We often talk about Wesleyan as an “engaged university” and the importance of avoiding this “snare of preparation.” We don’t want only to “lumber our minds” with books and articles, wesbites and blogs. We want our education to prepare us for life – not to help us avoid living.

Liberal education today should prepare students for life, and Wesleyan has been increasingly focused on doing a better job of helping them transition from campus to life after graduation. Whether students do this through activism or internships, service learning or “intellectual cross-training,” they learn to make their education feed into what they will be doing in the world.

This is pragmatic liberal arts education. To talk of pragmatism doesn’t mean that we stop reading great books, absorbing powerful art, or learning languages. After all, what I’ve written here depends on reading Addams and knowing something about de Quincey, Homer, and others. We should feel no threat to our studies when asked what we shall do with what we study. There are so many possibilities! The sphere of possible action wasn’t limited to industrialism at the beginning of our century, and it sure isn’t limited to finance or digital media entrepreneurship today.

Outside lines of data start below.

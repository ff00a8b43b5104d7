-- ===== src/Message/Wire.antt =====
-- The packed header on the wire.
use shp.Base.{◌<◌, ◌≡◌, refl, some, arith, length}
use shp.Memory.{IsU32, cells}
use shp.Message.{Header, header_bytes, header_of_bytes, header_size}

pub record IsHeader (h : Header) : Type 0 where
  pub version_byte : h.message_version < 256
  pub id_word : IsU32 h.message_id
  pub size_word : IsU32 h.payload_size
  pub result_word : IsU32 h.message_result

pub length-header_bytes : (h : Header) → length (header_bytes h) ≡ header_size
unfolding header_bytes
length-header_bytes h = refl

-- The receiver reads the header that the sender's bytes stand for.
pub header_of_bytes-header_bytes :
    (h : Header) → IsHeader h → header_of_bytes (cells (header_bytes h)) ≡ some h
unfolding header_of_bytes header_bytes
header_of_bytes-header_bytes h v = ground (arith)

pub length-header_cells : (h : Header) → length (cells (header_bytes h)) ≡ header_size
unfolding header_bytes
length-header_cells h = refl
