-- ===== src/Memory/Bytes.antt =====
-- Lists of bytes.
use shp.Base.{ℕ, ◌%◌, ◌<◌, List, [], ◌∷◌, ◌++◌, map, arith}

abbrev pub IsBytes : List ℕ → Type 0
IsBytes [] = Unit
IsBytes (b ∷ bs) = (b < 256) × IsBytes bs

abbrev pub byte : ℕ → ℕ
byte n = n % 256

pub map-byte-IsBytes : (ns : List ℕ) → IsBytes (map byte ns)
map-byte-IsBytes [] = tt
map-byte-IsBytes (n ∷ ns) = (omega arith, map-byte-IsBytes ns)

pub IsBytes-append : (bs cs : List ℕ) → IsBytes (bs ++ cs) → IsBytes bs
IsBytes-append [] cs h = tt
IsBytes-append (b ∷ bs) cs h = (h.0, IsBytes-append bs cs h.1)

One of the founders of American pragmatism, C.S. Peirce, wrote that the whole function of thought is to produce habits of action. William James emphasized that we had to take action in the broadest sense, “every sort of fit reaction…brought by the vicissitudes of life.” With Jane Addams in mind, we might say that the whole function of education is to produce habits of action, fit reactions, that contribute to our individual and social good.